◆ **Assignment**
Report how many lines in the data include the string "only", and add nothing else.
= Beginning of Section =
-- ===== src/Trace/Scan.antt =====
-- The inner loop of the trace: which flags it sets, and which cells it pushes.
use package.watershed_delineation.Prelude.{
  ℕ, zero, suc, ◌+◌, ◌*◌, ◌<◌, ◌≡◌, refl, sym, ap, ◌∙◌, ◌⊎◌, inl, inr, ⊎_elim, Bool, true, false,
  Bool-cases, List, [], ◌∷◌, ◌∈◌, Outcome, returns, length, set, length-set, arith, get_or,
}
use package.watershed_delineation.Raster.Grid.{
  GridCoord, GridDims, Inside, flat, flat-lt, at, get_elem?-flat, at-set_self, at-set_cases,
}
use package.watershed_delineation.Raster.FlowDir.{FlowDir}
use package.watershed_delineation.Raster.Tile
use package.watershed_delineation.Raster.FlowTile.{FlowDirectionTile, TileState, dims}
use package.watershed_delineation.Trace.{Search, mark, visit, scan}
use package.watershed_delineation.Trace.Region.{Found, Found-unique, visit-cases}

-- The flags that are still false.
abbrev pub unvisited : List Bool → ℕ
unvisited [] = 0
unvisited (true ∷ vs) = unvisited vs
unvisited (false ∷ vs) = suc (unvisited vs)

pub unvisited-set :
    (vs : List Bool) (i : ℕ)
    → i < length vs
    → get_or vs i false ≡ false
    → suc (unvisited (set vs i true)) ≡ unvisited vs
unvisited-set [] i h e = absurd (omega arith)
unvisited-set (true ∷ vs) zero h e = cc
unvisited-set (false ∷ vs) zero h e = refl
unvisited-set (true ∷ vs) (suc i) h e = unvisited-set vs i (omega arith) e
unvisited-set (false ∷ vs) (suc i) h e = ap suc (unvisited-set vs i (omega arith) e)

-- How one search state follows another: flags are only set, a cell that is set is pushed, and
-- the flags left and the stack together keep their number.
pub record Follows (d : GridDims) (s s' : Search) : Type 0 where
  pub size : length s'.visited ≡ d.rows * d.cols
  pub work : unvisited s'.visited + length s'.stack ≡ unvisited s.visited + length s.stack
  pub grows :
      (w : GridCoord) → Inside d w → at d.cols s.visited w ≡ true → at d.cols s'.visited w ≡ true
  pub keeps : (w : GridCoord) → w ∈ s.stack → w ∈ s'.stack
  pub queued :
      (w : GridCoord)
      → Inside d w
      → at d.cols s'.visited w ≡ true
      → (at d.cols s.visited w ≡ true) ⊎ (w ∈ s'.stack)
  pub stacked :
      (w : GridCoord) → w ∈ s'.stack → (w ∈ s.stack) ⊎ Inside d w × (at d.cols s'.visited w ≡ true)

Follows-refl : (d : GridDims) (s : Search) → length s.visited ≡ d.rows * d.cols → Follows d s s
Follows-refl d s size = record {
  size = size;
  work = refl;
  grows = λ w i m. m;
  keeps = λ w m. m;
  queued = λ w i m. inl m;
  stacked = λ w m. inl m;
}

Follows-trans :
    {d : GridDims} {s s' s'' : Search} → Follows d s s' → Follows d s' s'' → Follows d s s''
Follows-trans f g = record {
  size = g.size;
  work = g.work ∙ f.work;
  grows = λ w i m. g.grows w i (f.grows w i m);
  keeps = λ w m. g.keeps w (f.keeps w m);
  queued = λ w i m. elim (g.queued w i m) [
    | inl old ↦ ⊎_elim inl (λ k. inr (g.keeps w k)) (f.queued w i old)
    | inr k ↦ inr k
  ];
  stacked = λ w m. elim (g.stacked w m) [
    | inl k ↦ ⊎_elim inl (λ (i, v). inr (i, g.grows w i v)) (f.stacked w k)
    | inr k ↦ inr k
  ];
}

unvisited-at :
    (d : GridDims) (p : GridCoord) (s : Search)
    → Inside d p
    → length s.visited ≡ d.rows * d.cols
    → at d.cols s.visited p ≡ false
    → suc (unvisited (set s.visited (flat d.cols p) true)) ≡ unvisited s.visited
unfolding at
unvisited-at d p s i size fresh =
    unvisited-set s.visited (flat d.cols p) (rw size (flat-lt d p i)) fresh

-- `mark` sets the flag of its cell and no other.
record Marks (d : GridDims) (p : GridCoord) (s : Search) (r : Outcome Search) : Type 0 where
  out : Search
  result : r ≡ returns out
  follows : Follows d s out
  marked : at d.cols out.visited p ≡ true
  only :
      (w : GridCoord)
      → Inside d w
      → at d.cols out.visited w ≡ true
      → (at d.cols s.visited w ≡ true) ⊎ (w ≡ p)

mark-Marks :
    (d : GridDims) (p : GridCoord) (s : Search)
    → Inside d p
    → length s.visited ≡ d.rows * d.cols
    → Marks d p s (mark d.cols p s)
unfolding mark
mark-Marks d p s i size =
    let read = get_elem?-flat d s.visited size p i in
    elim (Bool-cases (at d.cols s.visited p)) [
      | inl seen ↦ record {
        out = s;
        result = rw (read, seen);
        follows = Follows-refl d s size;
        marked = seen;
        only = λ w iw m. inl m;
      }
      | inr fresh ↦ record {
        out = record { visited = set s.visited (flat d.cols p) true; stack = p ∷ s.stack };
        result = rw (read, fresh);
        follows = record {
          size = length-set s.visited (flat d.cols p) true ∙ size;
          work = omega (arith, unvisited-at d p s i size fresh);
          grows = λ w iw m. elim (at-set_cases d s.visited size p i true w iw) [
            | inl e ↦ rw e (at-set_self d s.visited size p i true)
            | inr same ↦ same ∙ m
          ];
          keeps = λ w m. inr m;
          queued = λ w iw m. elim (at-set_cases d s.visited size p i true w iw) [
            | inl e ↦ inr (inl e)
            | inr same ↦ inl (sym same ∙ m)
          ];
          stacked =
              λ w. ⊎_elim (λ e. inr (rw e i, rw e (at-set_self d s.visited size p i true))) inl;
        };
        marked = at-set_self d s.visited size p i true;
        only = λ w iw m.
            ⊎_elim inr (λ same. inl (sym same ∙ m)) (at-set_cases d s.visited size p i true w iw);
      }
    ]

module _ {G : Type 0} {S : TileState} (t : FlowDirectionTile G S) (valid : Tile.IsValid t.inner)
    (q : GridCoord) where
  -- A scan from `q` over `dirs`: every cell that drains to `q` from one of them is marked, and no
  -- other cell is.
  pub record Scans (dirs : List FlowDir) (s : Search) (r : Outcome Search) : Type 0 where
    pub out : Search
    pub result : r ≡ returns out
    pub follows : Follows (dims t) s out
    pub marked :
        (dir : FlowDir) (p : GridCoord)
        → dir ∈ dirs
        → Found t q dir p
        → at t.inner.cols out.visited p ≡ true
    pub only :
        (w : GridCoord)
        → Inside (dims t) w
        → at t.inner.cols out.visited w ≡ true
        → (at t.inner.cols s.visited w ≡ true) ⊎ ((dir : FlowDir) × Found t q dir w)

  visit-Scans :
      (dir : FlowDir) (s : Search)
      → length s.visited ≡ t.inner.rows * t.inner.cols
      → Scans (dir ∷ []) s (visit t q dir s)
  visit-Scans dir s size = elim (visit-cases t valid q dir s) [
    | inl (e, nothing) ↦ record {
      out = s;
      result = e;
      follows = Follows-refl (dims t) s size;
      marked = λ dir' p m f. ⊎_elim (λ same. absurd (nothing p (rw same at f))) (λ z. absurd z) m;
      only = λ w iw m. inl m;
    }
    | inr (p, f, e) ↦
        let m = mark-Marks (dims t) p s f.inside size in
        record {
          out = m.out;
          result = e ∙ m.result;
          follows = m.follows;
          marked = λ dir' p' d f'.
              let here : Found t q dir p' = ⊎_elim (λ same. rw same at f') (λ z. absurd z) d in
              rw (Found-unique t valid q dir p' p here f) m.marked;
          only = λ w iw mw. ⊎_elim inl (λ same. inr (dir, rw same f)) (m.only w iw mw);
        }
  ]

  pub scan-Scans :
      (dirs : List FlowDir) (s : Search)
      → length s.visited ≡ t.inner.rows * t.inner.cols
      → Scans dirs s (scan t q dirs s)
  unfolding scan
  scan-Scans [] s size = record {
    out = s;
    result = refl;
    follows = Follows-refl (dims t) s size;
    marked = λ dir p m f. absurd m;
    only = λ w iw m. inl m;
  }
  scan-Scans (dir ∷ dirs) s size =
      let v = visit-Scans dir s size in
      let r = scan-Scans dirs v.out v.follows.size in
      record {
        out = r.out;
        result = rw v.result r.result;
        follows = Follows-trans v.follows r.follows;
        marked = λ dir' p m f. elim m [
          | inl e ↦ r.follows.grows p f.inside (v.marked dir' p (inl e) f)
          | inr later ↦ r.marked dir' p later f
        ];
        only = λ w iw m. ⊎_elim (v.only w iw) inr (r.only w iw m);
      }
= End of Section =
◆ **Final answer**
9